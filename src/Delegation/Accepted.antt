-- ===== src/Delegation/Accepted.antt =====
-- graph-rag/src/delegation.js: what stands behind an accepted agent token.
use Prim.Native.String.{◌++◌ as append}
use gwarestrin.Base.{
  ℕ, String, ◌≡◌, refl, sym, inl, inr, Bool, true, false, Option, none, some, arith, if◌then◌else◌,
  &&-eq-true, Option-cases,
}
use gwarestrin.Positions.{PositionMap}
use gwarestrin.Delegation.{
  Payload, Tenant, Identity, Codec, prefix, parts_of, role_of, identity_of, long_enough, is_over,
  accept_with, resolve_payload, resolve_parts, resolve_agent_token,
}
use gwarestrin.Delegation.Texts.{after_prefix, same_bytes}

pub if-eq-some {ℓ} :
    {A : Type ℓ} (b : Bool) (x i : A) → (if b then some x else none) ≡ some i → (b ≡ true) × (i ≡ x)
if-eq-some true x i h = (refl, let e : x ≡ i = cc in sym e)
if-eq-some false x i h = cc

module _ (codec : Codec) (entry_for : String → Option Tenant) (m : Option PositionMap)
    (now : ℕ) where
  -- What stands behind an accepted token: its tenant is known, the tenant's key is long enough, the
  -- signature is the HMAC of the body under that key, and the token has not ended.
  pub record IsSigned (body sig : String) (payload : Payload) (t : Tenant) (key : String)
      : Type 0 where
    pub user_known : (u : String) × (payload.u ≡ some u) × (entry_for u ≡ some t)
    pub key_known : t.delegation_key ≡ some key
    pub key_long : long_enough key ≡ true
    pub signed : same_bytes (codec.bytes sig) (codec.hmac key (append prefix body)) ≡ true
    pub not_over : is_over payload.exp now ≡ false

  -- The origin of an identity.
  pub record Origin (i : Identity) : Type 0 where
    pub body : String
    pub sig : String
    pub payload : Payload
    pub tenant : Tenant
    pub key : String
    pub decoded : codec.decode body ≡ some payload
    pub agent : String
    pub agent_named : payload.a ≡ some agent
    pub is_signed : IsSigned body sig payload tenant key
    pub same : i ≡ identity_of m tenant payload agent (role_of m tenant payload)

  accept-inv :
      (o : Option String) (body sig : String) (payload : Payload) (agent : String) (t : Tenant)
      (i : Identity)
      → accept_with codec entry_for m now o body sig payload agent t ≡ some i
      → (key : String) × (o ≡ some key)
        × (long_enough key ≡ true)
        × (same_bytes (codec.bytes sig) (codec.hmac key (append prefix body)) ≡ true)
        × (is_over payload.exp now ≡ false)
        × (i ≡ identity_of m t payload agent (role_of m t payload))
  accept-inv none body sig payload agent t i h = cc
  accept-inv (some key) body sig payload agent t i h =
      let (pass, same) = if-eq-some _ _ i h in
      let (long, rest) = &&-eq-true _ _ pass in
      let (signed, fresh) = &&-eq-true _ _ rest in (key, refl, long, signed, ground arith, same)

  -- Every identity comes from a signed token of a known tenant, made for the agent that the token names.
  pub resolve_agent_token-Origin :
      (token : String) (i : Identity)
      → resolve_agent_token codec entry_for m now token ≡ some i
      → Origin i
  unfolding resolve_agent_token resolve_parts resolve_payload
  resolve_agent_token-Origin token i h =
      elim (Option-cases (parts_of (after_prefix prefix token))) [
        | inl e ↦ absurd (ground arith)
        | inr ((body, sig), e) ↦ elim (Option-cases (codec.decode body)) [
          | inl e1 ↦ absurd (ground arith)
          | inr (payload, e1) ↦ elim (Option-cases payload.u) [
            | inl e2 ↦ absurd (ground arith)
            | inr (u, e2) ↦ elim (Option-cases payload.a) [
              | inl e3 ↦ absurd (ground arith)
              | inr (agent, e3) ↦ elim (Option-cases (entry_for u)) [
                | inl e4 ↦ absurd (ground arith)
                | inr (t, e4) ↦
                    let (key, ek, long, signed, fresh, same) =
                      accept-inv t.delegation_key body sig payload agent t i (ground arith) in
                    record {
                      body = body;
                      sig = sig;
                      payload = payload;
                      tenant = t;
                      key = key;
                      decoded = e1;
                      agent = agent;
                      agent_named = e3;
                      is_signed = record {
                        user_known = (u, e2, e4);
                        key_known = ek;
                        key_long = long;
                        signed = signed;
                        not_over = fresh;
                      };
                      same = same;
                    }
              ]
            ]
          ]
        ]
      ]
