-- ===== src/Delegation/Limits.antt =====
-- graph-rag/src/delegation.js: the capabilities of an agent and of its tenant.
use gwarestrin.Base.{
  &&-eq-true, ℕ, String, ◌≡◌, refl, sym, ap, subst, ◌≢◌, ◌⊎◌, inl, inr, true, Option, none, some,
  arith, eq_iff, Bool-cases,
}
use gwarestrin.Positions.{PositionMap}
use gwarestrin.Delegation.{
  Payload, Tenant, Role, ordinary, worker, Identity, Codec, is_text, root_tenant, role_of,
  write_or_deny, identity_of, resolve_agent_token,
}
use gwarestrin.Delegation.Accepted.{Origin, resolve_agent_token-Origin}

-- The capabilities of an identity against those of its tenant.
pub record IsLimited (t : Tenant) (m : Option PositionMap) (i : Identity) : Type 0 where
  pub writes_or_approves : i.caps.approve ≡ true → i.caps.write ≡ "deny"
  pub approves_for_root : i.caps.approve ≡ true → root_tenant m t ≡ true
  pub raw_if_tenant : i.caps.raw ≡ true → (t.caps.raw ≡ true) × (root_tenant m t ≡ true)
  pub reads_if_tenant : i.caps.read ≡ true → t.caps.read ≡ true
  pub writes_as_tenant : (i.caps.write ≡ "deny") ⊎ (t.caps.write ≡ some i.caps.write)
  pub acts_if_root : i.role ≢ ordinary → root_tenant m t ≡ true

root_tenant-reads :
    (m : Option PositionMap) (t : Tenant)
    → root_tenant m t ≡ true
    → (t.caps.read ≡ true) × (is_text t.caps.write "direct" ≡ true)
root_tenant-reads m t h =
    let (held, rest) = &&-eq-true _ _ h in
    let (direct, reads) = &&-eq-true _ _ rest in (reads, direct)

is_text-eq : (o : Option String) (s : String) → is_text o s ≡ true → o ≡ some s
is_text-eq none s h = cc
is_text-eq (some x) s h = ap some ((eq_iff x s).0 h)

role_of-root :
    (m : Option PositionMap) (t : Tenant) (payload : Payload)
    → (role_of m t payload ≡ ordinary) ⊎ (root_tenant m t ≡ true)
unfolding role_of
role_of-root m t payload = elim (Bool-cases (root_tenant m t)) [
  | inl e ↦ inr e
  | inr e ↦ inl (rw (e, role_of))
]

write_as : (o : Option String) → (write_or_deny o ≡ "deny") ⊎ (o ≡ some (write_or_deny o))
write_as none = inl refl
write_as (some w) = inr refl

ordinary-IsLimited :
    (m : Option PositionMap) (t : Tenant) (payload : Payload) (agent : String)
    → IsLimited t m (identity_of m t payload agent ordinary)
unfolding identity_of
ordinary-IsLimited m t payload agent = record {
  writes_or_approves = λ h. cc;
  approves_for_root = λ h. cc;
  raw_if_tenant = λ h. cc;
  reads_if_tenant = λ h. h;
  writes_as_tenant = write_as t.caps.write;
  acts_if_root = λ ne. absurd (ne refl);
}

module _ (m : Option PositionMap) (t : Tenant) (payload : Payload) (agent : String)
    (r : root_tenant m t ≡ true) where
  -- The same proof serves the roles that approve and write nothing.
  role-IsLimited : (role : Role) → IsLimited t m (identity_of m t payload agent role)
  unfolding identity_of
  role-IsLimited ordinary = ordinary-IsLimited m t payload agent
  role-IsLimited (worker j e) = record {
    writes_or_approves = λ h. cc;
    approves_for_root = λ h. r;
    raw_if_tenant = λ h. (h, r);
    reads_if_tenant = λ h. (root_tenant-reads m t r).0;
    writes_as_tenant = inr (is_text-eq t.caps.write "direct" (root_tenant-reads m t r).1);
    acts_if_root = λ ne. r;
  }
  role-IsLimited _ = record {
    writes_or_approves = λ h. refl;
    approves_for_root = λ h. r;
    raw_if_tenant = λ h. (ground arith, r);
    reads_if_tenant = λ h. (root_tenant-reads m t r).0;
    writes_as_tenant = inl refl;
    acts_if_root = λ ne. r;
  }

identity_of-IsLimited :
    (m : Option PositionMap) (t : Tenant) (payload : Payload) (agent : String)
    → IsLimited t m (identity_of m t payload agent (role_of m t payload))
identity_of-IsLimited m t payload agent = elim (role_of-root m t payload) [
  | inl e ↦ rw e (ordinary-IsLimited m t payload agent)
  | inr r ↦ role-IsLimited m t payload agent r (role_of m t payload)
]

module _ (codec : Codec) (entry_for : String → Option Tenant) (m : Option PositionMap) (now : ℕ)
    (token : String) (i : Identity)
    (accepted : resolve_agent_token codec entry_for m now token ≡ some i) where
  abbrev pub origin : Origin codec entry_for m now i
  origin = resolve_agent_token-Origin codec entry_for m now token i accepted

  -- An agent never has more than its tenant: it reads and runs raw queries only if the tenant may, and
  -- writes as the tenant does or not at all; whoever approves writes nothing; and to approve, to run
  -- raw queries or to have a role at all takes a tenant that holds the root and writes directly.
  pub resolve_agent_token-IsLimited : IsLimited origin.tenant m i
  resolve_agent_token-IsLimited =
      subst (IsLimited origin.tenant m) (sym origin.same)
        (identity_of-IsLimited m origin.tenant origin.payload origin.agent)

* * *

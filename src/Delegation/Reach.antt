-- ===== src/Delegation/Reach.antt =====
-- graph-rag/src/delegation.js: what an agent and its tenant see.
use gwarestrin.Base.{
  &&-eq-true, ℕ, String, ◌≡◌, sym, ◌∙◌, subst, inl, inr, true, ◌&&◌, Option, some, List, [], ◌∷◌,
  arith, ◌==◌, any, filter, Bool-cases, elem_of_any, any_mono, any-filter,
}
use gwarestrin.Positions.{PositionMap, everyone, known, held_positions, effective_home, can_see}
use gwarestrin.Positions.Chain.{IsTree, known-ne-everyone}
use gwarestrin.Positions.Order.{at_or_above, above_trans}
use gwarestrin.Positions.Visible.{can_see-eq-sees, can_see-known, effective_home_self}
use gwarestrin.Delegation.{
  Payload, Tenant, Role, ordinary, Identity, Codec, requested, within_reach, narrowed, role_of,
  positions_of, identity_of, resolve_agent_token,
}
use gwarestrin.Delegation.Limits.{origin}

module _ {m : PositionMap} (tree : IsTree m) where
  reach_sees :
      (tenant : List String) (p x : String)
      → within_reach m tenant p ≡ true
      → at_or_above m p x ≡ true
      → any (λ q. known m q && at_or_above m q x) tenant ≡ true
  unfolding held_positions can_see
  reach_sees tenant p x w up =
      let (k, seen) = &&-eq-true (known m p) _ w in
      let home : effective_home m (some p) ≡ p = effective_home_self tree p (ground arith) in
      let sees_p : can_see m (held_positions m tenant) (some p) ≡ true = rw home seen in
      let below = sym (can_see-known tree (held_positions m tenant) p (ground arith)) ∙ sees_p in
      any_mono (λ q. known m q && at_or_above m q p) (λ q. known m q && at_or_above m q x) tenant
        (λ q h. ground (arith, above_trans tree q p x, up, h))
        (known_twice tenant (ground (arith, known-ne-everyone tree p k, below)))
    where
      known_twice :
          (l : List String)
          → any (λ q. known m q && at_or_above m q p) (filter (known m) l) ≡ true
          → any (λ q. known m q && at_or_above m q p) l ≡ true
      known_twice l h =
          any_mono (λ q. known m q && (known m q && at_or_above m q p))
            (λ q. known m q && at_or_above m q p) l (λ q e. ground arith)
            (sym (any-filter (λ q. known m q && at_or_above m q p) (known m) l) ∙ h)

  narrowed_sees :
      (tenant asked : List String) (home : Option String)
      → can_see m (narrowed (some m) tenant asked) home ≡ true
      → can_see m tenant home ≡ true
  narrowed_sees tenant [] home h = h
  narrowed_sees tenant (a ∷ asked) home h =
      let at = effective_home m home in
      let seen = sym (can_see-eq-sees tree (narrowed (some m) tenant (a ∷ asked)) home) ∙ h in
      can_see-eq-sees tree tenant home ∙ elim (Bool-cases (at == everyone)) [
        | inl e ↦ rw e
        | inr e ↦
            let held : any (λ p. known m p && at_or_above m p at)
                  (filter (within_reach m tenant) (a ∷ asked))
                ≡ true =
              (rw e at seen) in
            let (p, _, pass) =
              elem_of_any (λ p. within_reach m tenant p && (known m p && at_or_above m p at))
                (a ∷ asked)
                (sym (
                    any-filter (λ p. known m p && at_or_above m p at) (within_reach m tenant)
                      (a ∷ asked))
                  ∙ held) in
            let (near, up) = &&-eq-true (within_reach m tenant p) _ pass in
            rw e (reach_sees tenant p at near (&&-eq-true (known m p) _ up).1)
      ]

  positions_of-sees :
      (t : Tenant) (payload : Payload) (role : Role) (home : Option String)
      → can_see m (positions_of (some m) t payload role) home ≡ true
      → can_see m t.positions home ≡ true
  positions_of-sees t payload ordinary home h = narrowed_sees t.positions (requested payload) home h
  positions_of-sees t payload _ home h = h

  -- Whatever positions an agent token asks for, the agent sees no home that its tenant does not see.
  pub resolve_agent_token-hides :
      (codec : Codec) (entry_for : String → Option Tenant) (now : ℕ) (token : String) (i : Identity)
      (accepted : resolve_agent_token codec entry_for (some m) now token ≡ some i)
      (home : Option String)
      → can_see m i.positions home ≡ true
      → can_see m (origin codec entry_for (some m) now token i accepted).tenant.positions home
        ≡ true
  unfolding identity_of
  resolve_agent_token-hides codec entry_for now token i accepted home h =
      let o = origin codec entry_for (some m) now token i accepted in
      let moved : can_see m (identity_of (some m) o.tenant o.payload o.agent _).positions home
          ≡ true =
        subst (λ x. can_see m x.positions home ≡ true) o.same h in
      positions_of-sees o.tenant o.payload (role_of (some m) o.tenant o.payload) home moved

==

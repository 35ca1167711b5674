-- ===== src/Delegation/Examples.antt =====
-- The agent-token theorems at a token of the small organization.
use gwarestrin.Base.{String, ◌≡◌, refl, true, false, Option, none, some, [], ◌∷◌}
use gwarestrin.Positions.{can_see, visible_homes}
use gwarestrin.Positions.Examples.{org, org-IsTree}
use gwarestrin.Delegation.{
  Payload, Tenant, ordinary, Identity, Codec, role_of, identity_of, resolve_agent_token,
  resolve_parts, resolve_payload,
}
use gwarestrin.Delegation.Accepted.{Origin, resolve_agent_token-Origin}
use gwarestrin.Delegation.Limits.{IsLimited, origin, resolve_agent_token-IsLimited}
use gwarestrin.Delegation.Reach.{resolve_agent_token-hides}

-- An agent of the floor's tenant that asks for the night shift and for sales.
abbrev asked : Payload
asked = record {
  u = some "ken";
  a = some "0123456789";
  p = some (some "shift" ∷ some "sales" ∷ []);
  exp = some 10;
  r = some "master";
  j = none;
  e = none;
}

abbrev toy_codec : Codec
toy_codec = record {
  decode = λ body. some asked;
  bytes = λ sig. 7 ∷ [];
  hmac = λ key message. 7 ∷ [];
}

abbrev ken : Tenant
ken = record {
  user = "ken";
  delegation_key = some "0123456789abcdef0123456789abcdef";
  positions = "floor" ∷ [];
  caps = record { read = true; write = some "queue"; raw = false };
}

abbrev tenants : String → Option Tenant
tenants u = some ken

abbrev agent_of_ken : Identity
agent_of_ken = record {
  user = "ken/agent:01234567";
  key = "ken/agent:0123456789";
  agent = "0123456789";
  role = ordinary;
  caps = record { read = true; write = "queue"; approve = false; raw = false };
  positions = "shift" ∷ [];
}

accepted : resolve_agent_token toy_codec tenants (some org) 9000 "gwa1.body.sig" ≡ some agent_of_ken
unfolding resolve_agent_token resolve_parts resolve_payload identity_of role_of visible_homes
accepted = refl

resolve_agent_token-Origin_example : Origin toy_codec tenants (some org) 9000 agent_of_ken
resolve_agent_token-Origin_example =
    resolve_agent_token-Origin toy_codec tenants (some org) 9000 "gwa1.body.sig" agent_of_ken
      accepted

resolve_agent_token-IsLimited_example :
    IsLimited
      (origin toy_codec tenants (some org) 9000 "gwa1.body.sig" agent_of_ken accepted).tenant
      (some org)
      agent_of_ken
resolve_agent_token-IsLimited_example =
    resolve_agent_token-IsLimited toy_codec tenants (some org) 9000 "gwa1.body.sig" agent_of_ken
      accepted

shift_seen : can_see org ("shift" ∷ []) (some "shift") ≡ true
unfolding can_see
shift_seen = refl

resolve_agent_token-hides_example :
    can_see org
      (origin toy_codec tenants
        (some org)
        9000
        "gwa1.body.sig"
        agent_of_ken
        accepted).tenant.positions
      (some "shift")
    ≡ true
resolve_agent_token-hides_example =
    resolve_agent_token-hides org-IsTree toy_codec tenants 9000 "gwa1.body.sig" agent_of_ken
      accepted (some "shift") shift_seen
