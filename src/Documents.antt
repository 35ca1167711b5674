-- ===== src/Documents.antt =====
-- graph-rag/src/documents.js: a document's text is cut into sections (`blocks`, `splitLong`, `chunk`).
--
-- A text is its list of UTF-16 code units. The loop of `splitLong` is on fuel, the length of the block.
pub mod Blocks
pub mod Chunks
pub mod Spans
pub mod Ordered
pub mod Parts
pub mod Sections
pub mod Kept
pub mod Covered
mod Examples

TASK STATEMENT ▸
Go through the listing above, and whenever a line holds the word "where", copy it.

TASK OUTPUT ▸
    (now : ℕ) where
      : Type 0 where
  pub record Origin (i : Identity) : Type 0 where
pub record IsLimited (t : Tenant) (m : Option PositionMap) (i : Identity) : Type 0 where
    (r : root_tenant m t ≡ true) where
    (accepted : resolve_agent_token codec entry_for m now token ≡ some i) where
module _ {m : PositionMap} (tree : IsTree m) where
    where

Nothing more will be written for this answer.